Identity provider

SAML (Security Assertion Markup Language) is a standard for exchanging authentication information between an identity provider (IdP) and a service provider (Forcepoint). SAML-based single sign-on allows seamless user identification and authentication for end users, using your preferred IdP. When a SAML 2.0-compliant IdP has been configured, policy rules or exceptions that require user identity trigger an authentication request for clients whose identity is not already known to the service. The client request is redirected to the configured IdP for authentication.

Use the Identity provider page to configure integration with your SAML 2.0-compliant identity provider.

The Administration > Authentication > Identity provider page shows the following information.

Service provider details

Forcepoint acts as a service provider for SAML-based authentication requests. The information shown here is required to configure your IdP to integrate with Private Access for single sign-on.
  • Service provider Entity ID: (Service Provider Issuer URL) a globally unique identifier for the Forcepoint SAML service. Use this value when configuring your IdP to connect to Forcepoint as a service provider.
  • Service provider Assertion Consumer Service (ACS) URL: a list of your supported endpoints for authentication responses received from your IdP. Each Private Access gateway is assigned a unique ACS. Typically a tenant will be provisioned with up to 10 ACS URLs. This allows a tenant to have up to 10 Private Access Gateways (5 for High Availability), but more can be added if additional gateways are required. Each URL will be identical except for a sequence number that corresponds to a specific Private Access Gateway. Each ACS in use must be configured in your IdP to ensure the user is returned to the correct Private Access Gateway after a successful authentication.

Identity provider details

Your identity provider details can be uploaded to the management portal as an XML metadata file, or pasted into the metadata field.

This information is populated when you have added and saved metadata for your IdP.

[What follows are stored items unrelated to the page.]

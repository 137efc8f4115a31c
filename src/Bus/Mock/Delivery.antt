-- ===== src/Bus/Mock/Delivery.antt =====
-- crates/common-msgbus/src/lib.rs: what a subscription of MockBus is handed.
use lokan_os.Prelude.{
  ℕ, ◌<◌, ◌≡◌, refl, sym, ap, ◌∙◌, ◌==◌, some, arith, List, [], ◌∷◌, ◌++◌, if◌then◌else◌, inl, inr,
  Bool-cases, ==_iff,
}
use lokan_os.Prelude.Text.{Text, codes_eq}
use lokan_os.Prelude.Keys.{codes_eq_iff}
use lokan_os.Bus.Messages.{BusMessage, MsgBusError}
use lokan_os.Bus.Tokio.{Libraries, View, hand, latest}
use lokan_os.Bus.Mock.{MockBus, Subscription, ensure_subject, send_message}
use lokan_os.Bus.Mock.Senders.{IsValid, ensure_subject-Ensured}
use lokan_os.Bus.Mock.Latest.{pushed, on}

module _ (lib : Libraries) where
  open lib use {broadcast, senders}

  -- What the subscription was handed since it was made, if it has read none of it: all that is still
  -- there to be read.
  pub record Hears (bus : MockBus lib) (sub : Subscription lib) (xs : List BusMessage)
      : Type 0 where
    pub valid : IsValid lib bus
    pub sender : broadcast.Sender
    pub entered : senders.get bus.subjects sub.subject ≡ some sender
    pub placed : broadcast.place sub.inner < broadcast.receivers bus.channels
    pub channel : (broadcast.view bus.channels sub.inner).channel ≡ broadcast.number sender
    pub room : (broadcast.view bus.channels sub.inner).room ≡ 64
    pub unread : (broadcast.view bus.channels sub.inner).unread ≡ latest 64 xs

  -- What the sending of a message does.
  pub record Sent (bus : MockBus lib) (m : BusMessage) (after : MockBus lib) : Type 0 where
    pub valid : IsValid lib after
    pub kept :
        (t : Text) (c : broadcast.Sender)
        → senders.get bus.subjects t ≡ some c
        → senders.get after.subjects t ≡ some c
    pub sender : broadcast.Sender
    pub entered : senders.get after.subjects m.subject ≡ some sender
    pub views :
        (r : broadcast.Receiver)
        → broadcast.view after.channels r
          ≡ hand (broadcast.number sender) m (broadcast.view bus.channels r)
    pub receivers : broadcast.receivers after.channels ≡ broadcast.receivers bus.channels
    pub pending : after.pending ≡ bus.pending
    pub slots : after.slots ≡ bus.slots
    pub counter : after.request_counter ≡ bus.request_counter

  pub send_message-Sent :
      (bus : MockBus lib) (m : BusMessage) (error : Text → MsgBusError)
      → IsValid lib bus
      → Sent bus m (send_message lib bus m error).0
  unfolding send_message
  send_message-Sent bus m error v =
      let e = ensure_subject-Ensured lib bus m.subject v in
      let (entered, c) = ensure_subject lib bus m.subject in
      record {
        valid = record {
          made = λ t d h. rw (broadcast.count-send entered.channels c m) (e.valid.made t d h);
          apart = e.valid.apart;
        };
        kept = e.kept;
        sender = c;
        entered = e.entered;
        views = λ r.
            broadcast.view-send entered.channels c m r
            ∙ ap (hand (broadcast.number c) m) (e.views r);
        receivers = broadcast.receivers-send entered.channels c m ∙ e.receivers;
        pending = e.pending;
        slots = e.slots;
        counter = e.counter;
      }

  -- Two subjects have the same channel just if they are the same.
  same_channel :
      (bus : MockBus lib) (s t : Text) (c d : broadcast.Sender)
      → IsValid lib bus
      → senders.get bus.subjects s ≡ some c
      → senders.get bus.subjects t ≡ some d
      → (broadcast.number c == broadcast.number d) ≡ codes_eq t s
  same_channel bus s t c d v h g = elim (Bool-cases (codes_eq t s)) [
    | inl same ↦
        let e : c ≡ d =
          cc (sym h ∙ ap (senders.get bus.subjects) (sym ((codes_eq_iff t s).0 same)) ∙ g) in
        rw (same, e) ((==_iff (broadcast.number d) (broadcast.number d)).1 refl)
    | inr other ↦ rw other (grind (arith, codes_eq_iff t s, v.apart s t c d h g))
  ]

  channel-hand : (n : ℕ) (m : BusMessage) (v : View) → (hand n m v).channel ≡ v.channel
  channel-hand n m v = ground arith

  room-hand : (n : ℕ) (m : BusMessage) (v : View) → (hand n m v).room ≡ v.room
  room-hand n m v = ground arith

  unread-hand :
      (n : ℕ) (m : BusMessage) (v : View)
      → (hand n m v).unread
        ≡ (if v.channel == n then latest v.room (v.unread ++ m ∷ []) else v.unread)
  unread-hand n m v = ground arith

  pub Sent-Hears :
      {bus after : MockBus lib} {sub : Subscription lib} {xs : List BusMessage} {m : BusMessage}
      → Sent bus m after
      → Hears bus sub xs
      → Hears after sub (xs ++ on sub.subject (m ∷ []))
  Sent-Hears {bus} {after} {sub} {xs} {m} t h =
      let there = t.kept sub.subject h.sender h.entered in
      let v = broadcast.view bus.channels sub.inner in
      let seen = t.views sub.inner in
      let same =
        same_channel after sub.subject m.subject h.sender t.sender t.valid there t.entered in
      record {
        valid = t.valid;
        sender = h.sender;
        entered = there;
        placed = rw t.receivers h.placed;
        channel = ap View.channel seen ∙ channel-hand _ m v ∙ h.channel;
        room = ap View.room seen ∙ room-hand _ m v ∙ h.room;
        unread =
            ap View.unread seen
            ∙ unread-hand _ m v
            ∙ pushed m xs _ _ _ _ _ (ap (λ n. n == broadcast.number t.sender) h.channel ∙ same)
                h.room h.unread;
      }
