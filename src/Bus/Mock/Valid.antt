-- ===== src/Bus/Mock/Valid.antt =====
-- crates/common-msgbus/src/lib.rs: the channels of MockBus stay apart, whatever calls are made.
use lokan_os.Prelude.{ℕ, zero, suc, ◌≡◌, Option, none, some, List, [], ◌∷◌}
use lokan_os.Prelude.Text.{Text}
use lokan_os.Prelude.Result.{Result, ok, err}
use lokan_os.Bus.Messages.{BusMessage, MsgBusError}
use lokan_os.Bus.Tokio.{Libraries}
use lokan_os.Bus.Mock
use lokan_os.Bus.Mock.{
  MockBus, Subscription, Waiting, Done, ensure_subject, send_message, next_reply_subject,
  insert_waiter, wait_for, respond_through, next_after, new,
}
use lokan_os.Bus.Mock.Calls.{Call, step, run}
use lokan_os.Bus.Mock.Senders.{IsValid, new-IsValid, ensure_subject-Ensured}
use lokan_os.Bus.Mock.Delivery.{send_message-Sent}

module _ (lib : Libraries) where
  open lib use {broadcast, oneshot, senders, waiters}

  pub IsValid-parts :
      {bus : MockBus lib} (pending : waiters.Map) (slots : oneshot.Slots) (counter : ℕ)
      → IsValid lib bus
      → IsValid lib (record bus { pending = pending; slots = slots; request_counter = counter })
  IsValid-parts pending slots counter v = record { made = v.made; apart = v.apart }

  IsValid-channels :
      {bus : MockBus lib} (channels : broadcast.Channels)
      → broadcast.count channels ≡ broadcast.count bus.channels
      → IsValid lib bus
      → IsValid lib (record bus { channels = channels })
  IsValid-channels channels same v = record {
    made = λ s c there. rw same (v.made s c there);
    apart = v.apart;
  }

  send_message-IsValid :
      {bus : MockBus lib} (m : BusMessage) (error : Text → MsgBusError)
      → IsValid lib bus
      → IsValid lib (send_message lib bus m error).0
  send_message-IsValid {bus} m error v = (send_message-Sent lib bus m error v).valid

  pub insert_waiter-IsValid :
      {bus : MockBus lib} (key : Text) (tx : oneshot.Sender) (old : Option oneshot.Sender)
      → IsValid lib bus
      → IsValid lib (insert_waiter lib bus key tx old)
  unfolding insert_waiter
  insert_waiter-IsValid key tx none v = IsValid-parts _ _ _ v
  insert_waiter-IsValid key tx (some old) v = IsValid-parts _ _ _ v

  wait_for-IsValid :
      {bus : MockBus lib} (waiting : Waiting lib) (sent : Done)
      → IsValid lib bus
      → IsValid lib (wait_for lib bus waiting sent).0
  unfolding wait_for
  wait_for-IsValid waiting (ok done) v = v
  wait_for-IsValid waiting (err e) v = IsValid-parts _ _ _ v

  respond_through-IsValid :
      {bus : MockBus lib} (reply_to : Text) (payload : List ℕ) (waiter : Option oneshot.Sender)
      → IsValid lib bus
      → IsValid lib (respond_through lib bus reply_to payload waiter).0
  unfolding respond_through
  respond_through-IsValid reply_to payload none v =
      send_message-IsValid _ (λ _. MsgBusError.unknown_reply_subject reply_to) v
  respond_through-IsValid reply_to payload (some waiter) v = IsValid-parts _ _ _ v

  next_after-IsValid :
      (fuel : ℕ) (bus : MockBus lib) (sub : Subscription lib) (item : Option (Result ℕ BusMessage))
      → IsValid lib bus
      → IsValid lib (next_after lib fuel bus sub item).0
  unfolding next_after
  next_after-IsValid fuel bus sub none v = v
  next_after-IsValid fuel bus sub (some (ok m)) v = v
  next_after-IsValid zero bus sub (some (err n)) v = v
  next_after-IsValid (suc fuel) bus sub (some (err n)) v =
      next_after-IsValid fuel (record bus { channels = (broadcast.poll bus.channels sub.inner).0 })
        sub (broadcast.poll bus.channels sub.inner).1
        (IsValid-channels _ (broadcast.count-poll bus.channels sub.inner) v)

  pub step-IsValid :
      (bus : MockBus lib) (call : Call lib) → IsValid lib bus → IsValid lib (step lib bus call)
  unfolding step Mock.publish Mock.subscribe Mock.request Mock.cancel Mock.respond Mock.poll_next
      next_reply_subject
  step-IsValid bus (Call.publish subject payload) v = send_message-IsValid _ MsgBusError.publish v
  step-IsValid bus (Call.subscribe subject) v =
      let e = ensure_subject-Ensured lib bus subject v in
      IsValid-channels _ (broadcast.count-subscribe _ _) e.valid
  step-IsValid bus (Call.request subject payload) v = wait_for-IsValid _ _ (
      send_message-IsValid _ MsgBusError.request
        (insert_waiter-IsValid _ _ _ (IsValid-parts _ _ _ v)))
  step-IsValid bus (Call.cancel waiting) v = IsValid-parts _ _ _ v
  step-IsValid bus (Call.respond reply_to payload) v = respond_through-IsValid reply_to payload _ v
  step-IsValid bus (Call.poll_next sub) v =
      next_after-IsValid 1 _ sub _
        (IsValid-channels _ (broadcast.count-poll bus.channels sub.inner) v)

  pub run-IsValid :
      (bus : MockBus lib) (calls : List (Call lib))
      → IsValid lib bus
      → IsValid lib (run lib bus calls)
  unfolding run
  run-IsValid bus [] v = v
  run-IsValid bus (call ∷ calls) v = run-IsValid (step lib bus call) calls (step-IsValid bus call v)

  pub run-new-IsValid : (calls : List (Call lib)) → IsValid lib (run lib (new lib) calls)
  run-new-IsValid calls = run-IsValid (new lib) calls (new-IsValid lib)
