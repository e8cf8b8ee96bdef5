-- ===== src/Local.antt =====
-- include/lcr/local: containers for one thread.
pub mod Ring
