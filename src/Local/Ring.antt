-- ===== src/Local/Ring.antt =====
-- include/lcr/local/ring.hpp and queue.hpp: the circular buffers `ring`, with its acquire, commit,
-- peek and release, and `queue`, with push and pop. Both have the same fields. `capacity` is the
-- template's parameter, a power of two, so `& MASK` is the remainder by it; the flags of the debug
-- build are left out.
pub mod Positions
pub mod Refine
use wirekrak.Common.{
  ℕ, ◌+◌, ◌-◌, ◌%◌, ◌^◌, Bool, true, false, List, Option, none, some, ◌==◌, if◌then◌else◌, get_or,
  set, replicate,
}

pub record Ring {ℓ} (T : Type ℓ) : Type ℓ where
  pub buffer : List T
  pub head : ℕ
  pub tail : ℕ

-- `(i + 1) & MASK`.
abbrev pub next_index : ℕ → ℕ → ℕ
next_index capacity i = (i + 1) % capacity

module _ {ℓ} {T : Type ℓ} (capacity : ℕ) where
  -- A new ring, whose elements are all `T{}`.
  unfoldable pub new_ring : T → Ring T
  new_ring blank = record { buffer = replicate capacity blank; head = 0; tail = 0 }

  -- The index of the slot, or none for the null pointer.
  unfoldable pub acquire_producer_slot : Ring T → Option ℕ
  acquire_producer_slot r = if next_index capacity r.head == r.tail then none else some r.head

  -- The producer's write through the pointer to its slot.
  unfoldable pub write_slot : ℕ → T → Ring T → Ring T
  write_slot i x r = record r { buffer = set r.buffer i x }

  unfoldable pub commit_producer_slot : Ring T → Ring T
  commit_producer_slot r = record r { head = next_index capacity r.head }

  unfoldable pub discard_producer_slot : Ring T → Ring T
  discard_producer_slot r = r

  unfoldable pub peek_consumer_slot : Ring T → Option ℕ
  peek_consumer_slot r = if r.tail == r.head then none else some r.tail

  unfoldable pub release_consumer_slot : Ring T → Ring T
  release_consumer_slot r = record r { tail = next_index capacity r.tail }

  unfoldable pub is_empty : Ring T → Bool
  is_empty r = r.head == r.tail

  unfoldable pub is_full : Ring T → Bool
  is_full r = next_index capacity r.head == r.tail

  -- `(head_ - tail_) & MASK` on `size_t`.
  unfoldable pub size : Ring T → ℕ
  size r = (r.head + 2 ^ 64 - r.tail) % 2 ^ 64 % capacity

  unfoldable pub clear : Ring T → Ring T
  clear r = record r { head = 0; tail = 0 }

  -- `queue::push`.
  unfoldable pub push : T → Ring T → Ring T × Bool
  push item r =
      let next = next_index capacity r.head in
      if next == r.tail
      then (r, false)
      else (record r { buffer = set r.buffer r.head item; head = next }, true)

  -- `queue::pop`; the element read is out of range only where `blank` stands for it.
  unfoldable pub pop : T → Ring T → Ring T × Option T
  pop blank r =
      if r.tail == r.head
      then (r, none)
      else (record r { tail = next_index capacity r.tail }, some (get_or r.buffer r.tail blank))
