-- ===== src/Local/Ring/Positions.antt =====
-- Positions round a ring: stepping from the tail, and how many steps lead to the head.
use wirekrak.Common.{
  ℕ, zero, suc, ◌+◌, ◌-◌, ◌%◌, ◌<◌, ◌≡◌, ◌≢◌, refl, ap, List, [], ◌∷◌, ◌++◌, ◌==◌, leb,
  if◌then◌else◌, length, get_or, set, get_or-set_self, get_or-set_ne, arith,
}
use mathlib.Core.Path.{ap₂}
use native.Mathlib.Nat.{mod-eq_of_lt, mod_self}

-- A step by comparison in place of the remainder.
abbrev pub step : ℕ → ℕ → ℕ
step capacity i = if suc i == capacity then 0 else suc i

pub step_lem : (capacity i : ℕ) → i < capacity → (i + 1) % capacity ≡ step capacity i
step_lem capacity i l = ground (arith, mod-eq_of_lt {n = i + 1} {m = capacity}, mod_self capacity)

-- The number of elements between the tail and the head.
abbrev pub distance : ℕ → ℕ → ℕ → ℕ
distance capacity tail head = if leb tail head then head - tail else head + capacity - tail

module _ {ℓ} {T : Type ℓ} (blank : T) (capacity : ℕ) where
  -- The `n` elements from index `i` on.
  unfoldable pub window : List T → ℕ → ℕ → List T
  window buffer i zero = []
  window buffer i (suc n) = get_or buffer i blank ∷ window buffer (step capacity i) n

  pub length-window : (buffer : List T) (i n : ℕ) → length (window buffer i n) ≡ n
  unfolding window
  length-window buffer i zero = refl
  length-window buffer i (suc n) = ap suc (length-window buffer (step capacity i) n)

  -- Writing at the position past a window that does not fill the ring extends it.
  pub window-set :
      (x : T) (buffer : List T) (i j n : ℕ)
      → length buffer ≡ capacity
      → i < capacity
      → j < capacity
      → distance capacity i j ≡ n
      → window (set buffer j x) i (suc n) ≡ window buffer i n ++ x ∷ []
  unfolding window
  window-set x buffer i j zero l p q d = ground (
    arith,
    get_or-set_self buffer j x blank,
    ap (λ k. get_or (set buffer j x) k blank) (same p q d),
  )
    where
      same : i < capacity → j < capacity → distance capacity i j ≡ 0 → i ≡ j
      same p q d = ground arith
  window-set x buffer i j (suc n) l p q d =
      ap₂ ◌∷◌ (get_or-set_ne buffer x blank (apart d))
        (window-set x buffer (step capacity i) j n l (ground arith) q (ground arith))
    where
      apart : distance capacity i j ≡ suc n → j ≢ i
      apart d = ground arith
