-- ===== src/Local/Ring/Refine.antt =====
-- A ring is the bounded queue of the elements between its tail and its head, of which it holds one
-- fewer than its capacity.
use wirekrak.Common.{
  ℕ, suc, ◌+◌, ◌-◌, ◌*◌, ◌%◌, ◌^◌, ◌≡◌, refl, sym, ap, ◌∙◌, Bool, true, false, not, ◌&&◌, List, [],
  ◌∷◌, ◌++◌, ◌==◌, ltb, leb, if◌then◌else◌, length, get_or, set, length-set, arith, Option, none,
  some, Bool-cases, inl, inr,
}
use native.Mathlib.Nat.{mul-suc, mod-eq_of_lt, mul-add-mod_self_left}
use wirekrak.Local.Ring.{
  Ring, acquire_producer_slot, write_slot, commit_producer_slot, peek_consumer_slot,
  release_consumer_slot, size, clear, push, pop, next_index,
}
use wirekrak.Local.Ring.Positions.{step_lem, distance, window, length-window, window-set}

-- A call of a queue.
pub data Op {ℓ} (T : Type ℓ) : Type ℓ where
  put : T → Op T
  take : Op T

module _ {ℓ} {T : Type ℓ} where
  -- The queue that a ring of the capacity stands for, and the answers of its calls.
  unfoldable pub put_in : ℕ → T → List T → List T × Bool
  put_in capacity x xs =
      if ltb (suc (length xs)) capacity then (xs ++ x ∷ [], true) else (xs, false)

  unfoldable pub take_out : List T → List T × Option T
  take_out [] = ([], none)
  take_out (x ∷ xs) = (xs, some x)

  unfoldable pub answers : ℕ → List (Op T) → List T → List (Bool × Option T)
  unfolding put_in take_out
  answers capacity [] xs = []
  answers capacity (put x ∷ ops) xs =
      let (xs', ok) = put_in capacity x xs in (ok, none) ∷ answers capacity ops xs'
  answers capacity (take ∷ ops) xs =
      let (xs', out) = take_out xs in (true, out) ∷ answers capacity ops xs'

module _ {ℓ} {T : Type ℓ} (blank : T) (capacity : ℕ) where
  unfoldable pub is_valid : Ring T → Bool
  is_valid r = (length r.buffer == capacity) && ltb r.head capacity && ltb r.tail capacity

  unfoldable pub contents : Ring T → List T
  contents r = window blank capacity r.buffer r.tail (distance capacity r.tail r.head)

  pub length-contents : (r : Ring T) → length (contents r) ≡ distance capacity r.tail r.head
  unfolding contents
  length-contents r = length-window blank capacity r.buffer r.tail _

  -- The same calls on a ring, with their answers.
  unfoldable pub run : List (Op T) → Ring T → List (Bool × Option T)
  run [] r = []
  run (put x ∷ ops) r = let (r', ok) = push capacity x r in (ok, none) ∷ run ops r'
  run (take ∷ ops) r = let (r', out) = pop capacity blank r in (true, out) ∷ run ops r'

  push-is_valid : (x : T) (r : Ring T) → is_valid r ≡ true → is_valid (push capacity x r).0 ≡ true
  unfolding is_valid push
  push-is_valid x r v = ground (arith, length-set r.buffer r.head x)

  pop-is_valid : (r : Ring T) → is_valid r ≡ true → is_valid (pop capacity blank r).0 ≡ true
  unfolding is_valid pop
  pop-is_valid r v = ground arith

  -- The ring is full when one more element would take all its places.
  has_room :
      (r : Ring T)
      → is_valid r ≡ true
      → ltb (suc (length (contents r))) capacity ≡ not (next_index capacity r.head == r.tail)
  unfolding is_valid
  has_room r v = ground (arith, length-contents r, step_lem capacity r.head)

  pushed :
      (x : T) (r : Ring T)
      → is_valid r ≡ true
      → (next_index capacity r.head == r.tail) ≡ false
      → contents (record r { buffer = set r.buffer r.head x; head = next_index capacity r.head })
        ≡ contents r ++ x ∷ []
  unfolding is_valid contents
  pushed x r v e =
      ap (window blank capacity (set r.buffer r.head x) r.tail)
        (ground (arith, step_lem capacity r.head))
      ∙ window-set blank capacity x r.buffer r.tail r.head (distance capacity r.tail r.head)
          (ground arith) (ground arith) (ground arith) refl

  emptied : (r : Ring T) → is_valid r ≡ true → (r.tail == r.head) ≡ true → contents r ≡ []
  unfolding is_valid contents window
  emptied r v e = ap (window blank capacity r.buffer r.tail) {y = 0} (ground arith)

  popped :
      (r : Ring T)
      → is_valid r ≡ true
      → (r.tail == r.head) ≡ false
      → contents r
        ≡ get_or r.buffer r.tail blank ∷ contents (record r { tail = next_index capacity r.tail })
  unfolding is_valid contents window
  popped r v e =
      let rest = distance capacity (next_index capacity r.tail) r.head in
      ap (window blank capacity r.buffer r.tail) {y = suc rest}
        (ground (arith, step_lem capacity r.tail))
      ∙ ap (λ i. get_or r.buffer r.tail blank ∷ window blank capacity r.buffer i rest)
          (sym (step_lem capacity r.tail (ground arith)))

  push-contents :
      (x : T) (r : Ring T)
      → is_valid r ≡ true
      → let (r', ok) = push capacity x r in (contents r', ok) ≡ put_in capacity x (contents r)
  unfolding push put_in
  push-contents x r v = elim (Bool-cases (next_index capacity r.head == r.tail)) [
    | inl e ↦ rw (push, put_in, has_room r v, e) refl
    | inr e ↦ rw (push, put_in, has_room r v, e, pushed x r v e) refl
  ]

  pop-contents :
      (r : Ring T)
      → is_valid r ≡ true
      → let (r', out) = pop capacity blank r in (contents r', out) ≡ take_out (contents r)
  unfolding pop take_out
  pop-contents r v = elim (Bool-cases (r.tail == r.head)) [
    | inl e ↦ rw (e, pop, emptied r v e) refl
    | inr e ↦ rw (e, pop, popped r v e) refl
  ]

  -- On a valid ring every sequence of pushes and pops gives the answers of the bounded queue of
  -- its elements.
  pub run-answers :
      (ops : List (Op T)) (r : Ring T)
      → is_valid r ≡ true
      → run ops r ≡ answers capacity ops (contents r)
  unfolding run answers
  run-answers [] r v = refl
  run-answers (put x ∷ ops) r v = rw (← push-contents x r v) (
      ap (λ rest. ((push capacity x r).1, none) ∷ rest)
        (run-answers ops (push capacity x r).0 (push-is_valid x r v)))
  run-answers (take ∷ ops) r v = rw (← pop-contents r v) (
      ap (λ rest. (true, (pop capacity blank r).1) ∷ rest)
        (run-answers ops (pop capacity blank r).0 (pop-is_valid r v)))

  -- `size` is the number of elements, where the capacity divides the range of `size_t`.
  pub size-contents :
      (r : Ring T) (m : ℕ)
      → is_valid r ≡ true
      → capacity * suc m ≡ 2 ^ 64
      → size capacity r ≡ length (contents r)
  unfolding is_valid size
  size-contents r m v e = elim (Bool-cases (leb r.tail r.head)) [
    | inl l ↦
        ap (λ k. k % capacity) {y = r.head - r.tail} (ground (arith, mul-suc capacity m))
        ∙ mod-eq_of_lt {n = r.head - r.tail} {m = capacity} (ground arith)
        ∙ ground (arith, length-contents r)
    | inr l ↦
        ap (λ k. k % capacity) {y = capacity * m + (r.head + capacity - r.tail)}
          (ground (arith, mul-suc capacity m))
        ∙ mul-add-mod_self_left capacity m (r.head + capacity - r.tail)
        ∙ mod-eq_of_lt {n = r.head + capacity - r.tail} {m = capacity} (ground arith)
        ∙ ground (arith, length-contents r)
  ]

  -- `clear` empties the ring.
  clear-contents : (r : Ring T) → contents (clear capacity r) ≡ []
  unfolding contents clear window
  clear-contents r = refl

  -- A slot that is acquired, written and committed is a push.
  pub produce-push :
      (x : T) (r : Ring T)
      → push capacity x r ≡ (elim (acquire_producer_slot capacity r) [
        | none ↦ (r, false)
        | some i ↦ (commit_producer_slot capacity (write_slot capacity i x r), true)
      ])
  unfolding push acquire_producer_slot commit_producer_slot write_slot
  produce-push x r = ground arith

  -- A slot that is peeked, read and released is a pop.
  pub consume-pop :
      (r : Ring T)
      → pop capacity blank r ≡ (elim (peek_consumer_slot capacity r) [
        | none ↦ (r, none)
        | some i ↦ (release_consumer_slot capacity r, some (get_or r.buffer i blank))
      ])
  unfolding pop peek_consumer_slot release_consumer_slot
  consume-pop r = ground arith
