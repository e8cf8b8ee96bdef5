-- ===== src/Lockfree.antt =====
-- The queues of include/lcr/lockfree.
pub mod Spsc
pub mod Ring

  • Identity provider metadata: either paste the metadata XML from your IdP into the field, or click Upload to upload your IdP's metadata XML file.
    Note: To change IdP metadata, paste new contents into the metadata field, or click Change IdP Metadata to upload a new file. Click Save to commit your changes.
  • Identity provider Issuer ID: a unique identifier sent by the IdP to identify itself to Forcepoint. Sent as the Issuer token in SAML responses.
  • Identity provider Single Sign-On URL: the URL used by the IdP to handle SAML authentication requests.
  • Identity provider certificate: validity information and thumbprint for the X.509 certificate from your IdP. A valid certificate is required for Private Access to decrypt the SAML authentication response sent by the IdP.
  • Maximum clock skew (milliseconds): the allowed variation in system time between the IdP and Private Access for an authentication request. The recommended value is 300ms. If the clock skew is greater than this value, authentication fails.
  • Domains: one or more fully qualified domain name (FQDN). Wildcards are not supported.